4. Reheat the pan. Add 2 tablespoons of the reserved oil. Pour in the egg mixture, smoothing it into an even layer. Cook, shaking the pan occasionally, for 6 minutes, or until the bottom is set when you lift up the side with a spatula. Preheat the broiler.
5. Sprinkle the top of frittata with the Parmesan cheese, then place under the hot broiler and cook for 3 minutes, or until the excess liquid is set and the cheese is golden.
6. Remove from the heat and slide the frittata onto a serving plate. Let stand for at least 5 minutes before cutting and garnishing with extra Parmesab and parsley.

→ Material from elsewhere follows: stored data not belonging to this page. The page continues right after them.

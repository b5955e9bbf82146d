-- ===== src/Demo/Session/FirstMessage.antt =====
-- presidium-demo/src/session.rs: the first message of an initiator.
use presidium.Base.{ℕ, ◌≡◌, ◌≤◌, refl, true, some, none, String, ok, length, arith, ap, ◌∙◌}
use presidium.Crypto.Constants.{Bytes}
use presidium.Crypto.Error.{CryptoResult}
use presidium.Crypto.Primitives.{
  Primitives, PrimitiveLaws, Signatures, SignatureLaws, Json, JsonLaws, aead_limit,
}
use presidium.Crypto.Ratchet.{
  RootKey, RatchetMessageHeader, DoubleRatchet, init, init_as_responder, find_skipped,
}
use presidium.Crypto.Ratchet.Messages.{encrypt, decrypt, dh_ratchet, header_of, with_sending}
use presidium.Crypto.Ratchet.Stream.{chain_at, message_key_at, sealed, open_message-sealed}
use presidium.Crypto.Ratchet.Delivery.{encrypt_lem, decrypt_ahead}
use presidium.Crypto.Ratchet.Handshake.{
  initiator, responder, init_lem, init_as_responder_lem, dh_ratchet_receiving, chain_after,
}
use presidium.Crypto.Ratchet.Session.{answered}
use presidium.Crypto.Identity.{IdentityKeyPair, HybridSignature, public}
use presidium.Demo.Envelopes.{
  NetworkEnvelope, Hash, kind_direct, build_signed_envelope, parse_header, verify_envelope,
  verify_envelope-build_signed_envelope,
}
use presidium.Demo.Session.{
  ChatSession, with_ratchet, chat_encrypt, chat_decrypt, open_payload, advance_ratchet,
}

module _ ⦃p : Primitives⦄ ⦃s : Signatures⦄ ⦃hash : Hash⦄ ⦃header_json : Json RatchetMessageHeader⦄
    ⦃json : Json HybridSignature⦄ where
  chat_encrypt_lem :
      (session : ChatSession) (identity : IdentityKeyPair) (device_id plaintext ciphertext : Bytes)
      (now : ℕ) (ratchet : DoubleRatchet) (header : RatchetMessageHeader)
      (envelope : NetworkEnvelope)
      → encrypt session.ratchet plaintext ≡ (ratchet, ok (ciphertext, header))
      → build_signed_envelope identity device_id now kind_direct session.conversation_id ciphertext
          header
        ≡ ok envelope
      → chat_encrypt session identity device_id now plaintext
        ≡ (with_ratchet session ratchet, ok envelope)
  unfolding chat_encrypt
  chat_encrypt_lem session identity device_id plaintext ciphertext now ratchet header envelope e
        built =
      rw (chat_encrypt, e, built)

  chat_decrypt_lem :
      (session : ChatSession) (envelope : NetworkEnvelope) (header : RatchetMessageHeader)
      (ratchet : DoubleRatchet) (plaintext : Bytes)
      → parse_header envelope.nonce ≡ ok header
      → verify_envelope session.peer_identity envelope ≡ ok true
      → open_payload session.ratchet envelope.encrypted_payload header ≡ (ratchet, ok plaintext)
      → chat_decrypt session envelope ≡ (with_ratchet session ratchet, ok plaintext)
  unfolding chat_decrypt
  chat_decrypt_lem session envelope header ratchet plaintext parsed verified opened =
      rw (chat_decrypt, parsed, verified, opened)

  -- A responder that has taken no ratchet key yet takes the one of the header.
  open_payload_lem :
      (r r' r'' : DoubleRatchet) (payload plaintext : Bytes) (header : RatchetMessageHeader)
      → r.receiving_chain.their_ratchet_public ≡ none
      → r.sending_chain.their_ratchet_public ≡ none
      → dh_ratchet r header.dh_public_key ≡ (r', ok tt)
      → decrypt r' payload header ≡ (r'', ok plaintext)
      → open_payload r payload header ≡ (r'', ok plaintext)
  unfolding open_payload advance_ratchet
  open_payload_lem r r' r'' payload plaintext header h h' taken opened =
      ground (arith, h, h', taken, opened)

  module _ (laws : PrimitiveLaws p) (sig_laws : SignatureLaws s) (json_laws : JsonLaws json)
      (header_laws : JsonLaws header_json) where
    start_of : RootKey → Bytes → Bytes → Bytes
    start_of root a b = chain_after laws root (p.diffie_hellman a (p.x25519_public b))

    first_cipher : String → RootKey → Bytes → Bytes → Bytes → Bytes → Bytes
    first_cipher sid root a b ad plaintext =
        sealed laws header_laws (message_key_at laws (start_of root a b) 0)
          (header_of (initiator laws sid root a (p.x25519_public b) ad) 0) plaintext

    decrypt_first :
        (sid sid' : String) (root : RootKey) (a b ad ad' plaintext : Bytes)
        → length plaintext ≤ aead_limit
        → (decrypt
            (answered laws sid' root a b ad')
            (first_cipher sid root a b ad plaintext)
            (header_of (initiator laws sid root a (p.x25519_public b) ad) 0)).1
          ≡ ok plaintext
    unfolding find_skipped header_of first_cipher start_of
    decrypt_first sid sid' root a b ad ad' plaintext fits =
        let header : RatchetMessageHeader =
          header_of (initiator laws sid root a (p.x25519_public b) ad) 0 in
        ap (λ (z : DoubleRatchet × CryptoResult Bytes). z.1)
          (decrypt_ahead laws header_laws (answered laws sid' root a b ad') (start_of root a b) 0
            header (first_cipher sid root a b ad plaintext)
            (ap (λ (dh : Bytes). some (chain_at laws (chain_after laws root dh) 0))
              (laws.dh_comm b a))
            refl (omega arith) (omega arith) (omega arith))
        ∙ open_message-sealed laws header_laws (message_key_at laws (start_of root a b) 0) header
            plaintext fits

    -- The first message that an initiator's session encrypts is decrypted by the session of the
    -- responder, which takes the ratchet key of its header: the sessions are as `init` and
    -- `init_as_responder` make them from one root key, and the responder knows the initiator's identity.
    pub chat_decrypt-chat_encrypt :
        (alice bob : ChatSession) (identity : IdentityKeyPair) (sid sid' : String) (root : RootKey)
        (a b ad ad' device_id plaintext : Bytes) (now : ℕ)
        → init sid root a (p.x25519_public b) ad ≡ ok alice.ratchet
        → init_as_responder sid' root b ad' ≡ ok bob.ratchet
        → bob.peer_identity ≡ public identity
        → length plaintext ≤ aead_limit
        → (alice' bob' : ChatSession) × (envelope : NetworkEnvelope) × (chat_encrypt alice identity
              device_id now plaintext
            ≡ (alice', ok envelope))
          × (chat_decrypt bob envelope ≡ (bob', ok plaintext))
    unfolding header_of first_cipher start_of
    chat_decrypt-chat_encrypt alice bob identity sid sid' root a b ad ad' device_id plaintext now
          made answers known fits =
        let r : DoubleRatchet = initiator laws sid root a (p.x25519_public b) ad in
        let header : RatchetMessageHeader = header_of r 0 in
        let ciphertext : Bytes = first_cipher sid root a b ad plaintext in
        let at_a : alice.ratchet ≡ r =
          ground (arith, made, init_lem laws sid root a (p.x25519_public b) ad) in
        let at_b : bob.ratchet ≡ responder sid' root b ad' =
          ground (arith, answers, init_as_responder_lem sid' root b ad') in
        let (envelope, built, verified, parsed, payload) =
          verify_envelope-build_signed_envelope sig_laws json_laws header_laws identity device_id
            now kind_direct alice.conversation_id ciphertext header in
        let bob_r : DoubleRatchet =
          (decrypt (answered laws sid' root a b ad') ciphertext header).0 in
        let opened : decrypt (answered laws sid' root a b ad') ciphertext header
            ≡ (bob_r, ok plaintext) =
          ap (λ (o : CryptoResult Bytes). (bob_r, o))
            (decrypt_first sid sid' root a b ad ad' plaintext fits) in
        (
          with_ratchet alice (with_sending r (chain_at laws (start_of root a b) 1)),
          with_ratchet bob bob_r,
          envelope,
          chat_encrypt_lem alice identity device_id plaintext ciphertext now
              (with_sending r (chain_at laws (start_of root a b) 1)) header envelope
              (rw at_a (
                encrypt_lem laws header_laws r (start_of root a b) 0 plaintext refl (omega arith)
                  fits))
              built,
          chat_decrypt_lem bob envelope header bob_r plaintext parsed (rw known verified) (
              rw (at_b, payload)
                (open_payload_lem (responder sid' root b ad') (answered laws sid' root a b ad')
                  bob_r ciphertext plaintext header refl refl
                  (dh_ratchet_receiving laws (responder sid' root b ad') b (p.x25519_public a) refl
                    refl)
                  opened)),
        )
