-- ===== src/Demo/Session/Replies.antt =====
-- presidium-demo/src/session.rs: what a chat session does with an envelope from its peer.
use presidium.Base.{
  ℕ, ◌≡◌, ◌≢◌, refl, ◌∙◌, ap, List, [], ◌∷◌, true, false, String, ok, err, bytes_eq_refl, arith,
  Result-cases, inl, inr,
}
use presidium.Crypto.Constants.{Bytes}
use presidium.Crypto.Error.{ratchet_error}
use presidium.Crypto.Primitives.{Primitives, PrimitiveLaws, Signatures, Json}
use presidium.Crypto.Ratchet.{RootKey, RatchetMessageHeader, DoubleRatchet, init, find_skipped}
use presidium.Crypto.Ratchet.Messages.{encrypt, decrypt, decrypt_fresh}
use presidium.Crypto.Ratchet.Handshake.{initiator, init_lem}
use presidium.Crypto.Identity.{IdentityKeyPair, HybridSignature}
use presidium.Demo.Envelopes.{
  AnyError, crypto, bail, context, NetworkEnvelope, Hash, parse_header, verify_envelope,
}
use presidium.Demo.Session.{ChatSession, chat_encrypt, chat_decrypt, open_payload, advance_ratchet}

module _ ⦃p : Primitives⦄ ⦃s : Signatures⦄ ⦃hash : Hash⦄ ⦃header_json : Json RatchetMessageHeader⦄
    ⦃json : Json HybridSignature⦄ where
  -- An envelope that the peer's key did not sign leaves the session as it was, and yields no
  -- plaintext.
  pub chat_decrypt_unsigned :
      (session : ChatSession) (envelope : NetworkEnvelope)
      → verify_envelope session.peer_identity envelope ≢ ok true
      → (e : AnyError) × (chat_decrypt session envelope ≡ (session, err e))
  unfolding chat_decrypt
  chat_decrypt_unsigned session envelope h = elim (Result-cases (parse_header envelope.nonce)) [
    | inr (e, parsed) ↦ (e, rw (chat_decrypt, parsed))
    | inl (header, parsed) ↦ elim (Result-cases (verify_envelope session.peer_identity envelope)) [
      | inr (e, verified) ↦ (e, rw (chat_decrypt, parsed, verified))
      | inl (false, verified) ↦
          (bail "signature verification failed", rw (chat_decrypt, parsed, verified))
      | inl (true, verified) ↦ absurd (h verified)
    ]
  ]

  -- Sending leaves the receiving chain alone.
  encrypt-receiving_chain :
      (r : DoubleRatchet) (plaintext : Bytes)
      → (encrypt r plaintext).0.receiving_chain ≡ r.receiving_chain
  unfolding encrypt
  encrypt-receiving_chain r plaintext = ground arith

  -- The session after the messages have been encrypted, each at its time, whether or not it could be.
  pub send_all : IdentityKeyPair → Bytes → List (ℕ × Bytes) → ChatSession → ChatSession
  send_all identity device_id [] session = session
  send_all identity device_id ((now, plaintext) ∷ rest) session =
      send_all identity device_id rest (chat_encrypt session identity device_id now plaintext).0

  send_all_lem :
      (identity : IdentityKeyPair) (device_id : Bytes) (messages : List (ℕ × Bytes))
      (session : ChatSession)
      → ((send_all identity device_id messages session).ratchet.receiving_chain
          ≡ session.ratchet.receiving_chain)
        × ((send_all identity device_id messages session).peer_identity ≡ session.peer_identity)
  unfolding send_all chat_encrypt
  send_all_lem identity device_id [] session = (refl, refl)
  send_all_lem identity device_id ((now, plaintext) ∷ rest) session =
      let (receiving, peer) =
        send_all_lem identity device_id rest
          (chat_encrypt session identity device_id now plaintext).0 in
      (receiving ∙ encrypt-receiving_chain session.ratchet plaintext, peer)

  open_payload-initiator :
      (laws : PrimitiveLaws p) (sid : String) (root : RootKey) (our peer ad payload : Bytes)
      (r : DoubleRatchet) (header : RatchetMessageHeader)
      → r.receiving_chain ≡ (initiator laws sid root our peer ad).receiving_chain
      → header.dh_public_key ≡ peer
      → open_payload r payload header ≡ (
        r,
        err (context "ratchet decrypt" (crypto (ratchet_error "No receiving chain established"))),
      )
  unfolding open_payload advance_ratchet decrypt decrypt_fresh find_skipped
  open_payload-initiator laws sid root our peer ad payload r header same h =
      ground (arith, h, same, bytes_eq_refl peer)

  -- The initiator of a session cannot read a reply, however many messages it has sent: an envelope that its
  -- peer signed, whose header carries the ratchet key that the session was made with, is refused for
  -- want of a receiving chain.
  pub chat_decrypt_reply :
      (laws : PrimitiveLaws p) (sid : String) (root : RootKey) (our peer ad : Bytes)
      (started : ChatSession) (identity : IdentityKeyPair) (device_id : Bytes)
      (messages : List (ℕ × Bytes)) (envelope : NetworkEnvelope) (header : RatchetMessageHeader)
      → init sid root our peer ad ≡ ok started.ratchet
      → parse_header envelope.nonce ≡ ok header
      → header.dh_public_key ≡ peer
      → verify_envelope started.peer_identity envelope ≡ ok true
      → let session : ChatSession = send_all identity device_id messages started in
        chat_decrypt session envelope ≡ (
          session,
          err (context "ratchet decrypt" (crypto (ratchet_error "No receiving chain established"))),
        )
  unfolding chat_decrypt
  chat_decrypt_reply laws sid root our peer ad started identity device_id messages envelope header
        starts parsed same verified =
      let made : started.ratchet ≡ initiator laws sid root our peer ad =
        ground (arith, starts, init_lem laws sid root our peer ad) in
      let (receiving, peer_kept) = send_all_lem identity device_id messages started in
      let session : ChatSession = send_all identity device_id messages started in
      let signed : verify_envelope session.peer_identity envelope ≡ ok true =
        rw peer_kept verified in
      rw (
        chat_decrypt,
        parsed,
        signed,
        open_payload-initiator laws sid root our peer ad envelope.encrypted_payload session.ratchet
            header (receiving ∙ ap (λ (r : DoubleRatchet). r.receiving_chain) made) same,
      )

Serve with a mixed salad.

Nutritional Information
Calories 145
Protein 8g
Carbohydrate 1g
Sugars 0g
Fat 12g
Saturates 13g

Source : Time to cook low carb

Thai Shrimp Curry

Low Carb Recipes
THAI SHRIMP CURRY
Thai cooking is renowned for its subtle blending of aromatic spices and this mouthwatering curry is no exception.

INGREDIENTS
1 lb / 450 g raw jumbo shrimp
2 tbsp peanut oil
2 tbsp Thai green curry paste
4 kaffir lime leaves, shredded
1 lemon grass stalk, chopped
1 cup coconut milk
2 tbsp Thai fish sauce
½ cucumber, seeded and cut into thin sticks
12 fresh basil leaves, plus extra to garnish
2 fresh green chilies, sliced

1. Shell and devein the shrimp. Heat the peanut oil in a preheated wok or heavy-bottom skillet. Add the curry paste and cook over medium heat for 1 minute, or until it is bubbling and releases its aroma.
2. Add the shrimp, lime leaves, and lemon grass and stir-fry for 2 minutes, or until the shrimp have turned pink.
3. Stir in the coconut milk and bring to a boil, then reduce the heat and simmer, stirring occasionally, for 5 minutes. Stir in the fish sauce, cucumber, and basil. Transfer to a warmed serving dish. Scatter over the chili slices, garnish with fresh basil leaves, and serve.

Nutritional Information
Calories 150
Protein 11g
Carbohydrate 6g
Sugars 4g
Fat 9g
Saturates 1g

COOK’S TIP
Three types of basil are used in Thailand: hairy (bai mangluk), sweet (bai horapa), and Thai or holy basil (bai grapao). They are all more strongly flavored than Western basil.

Source : Time to cook low carb









Beef Kabobs

Low Carb Recipes
BEEF KABOBS
This simple dish tastes wonderful and would make a delicious treat for any occasion. It would also be ideal for a barbecue party.

INGREDIENTS
8 scallions
1 lb 9 oz/700 g rump steak, cut into cubes
8 cherry tomatoes, halved
1 tbsp whole grain mustard
1 tsp Worcestershire sauce
½ tsp balsamic vinegar
4 tbsp sunflower-seed oil
salt and pepper

1. Preheat the broiler to medium. Cut the scallions into 4-5-inch/10-13-cm lengths and halve lengthwise. Thread the steak cubes, scallion lengths, and cherry tomato halves alternately onto 4 metal or presoaked wooden skewers. Arrange them on the broiler rack.
2. Mix the mustard, Worcestershire sauce, and vinegar together in a small bowl. Whisk in the sunflower-seed oil and season to taste with salt and pepper.
3. Brush the kabobs with the flavores oil and cook under the hot broiler for 4 minutes. Turn over, brush with the flavored oil again, and cook for 4 minutes. Transfer to a large serving plate and serve immediately.

Nutritional Information
Calories 335
Protein 40g
Carbohydrate 2g
Sugars 2g
Fat 19g
Saturates 4g

COOK’S TIP
It is quicker to use metal skewers as wooden ones need to be soakes in warm water for 30 minutes before using to prevent them burning while cooking. If using metal ones, use oven mitts to pick them up as they will be hot.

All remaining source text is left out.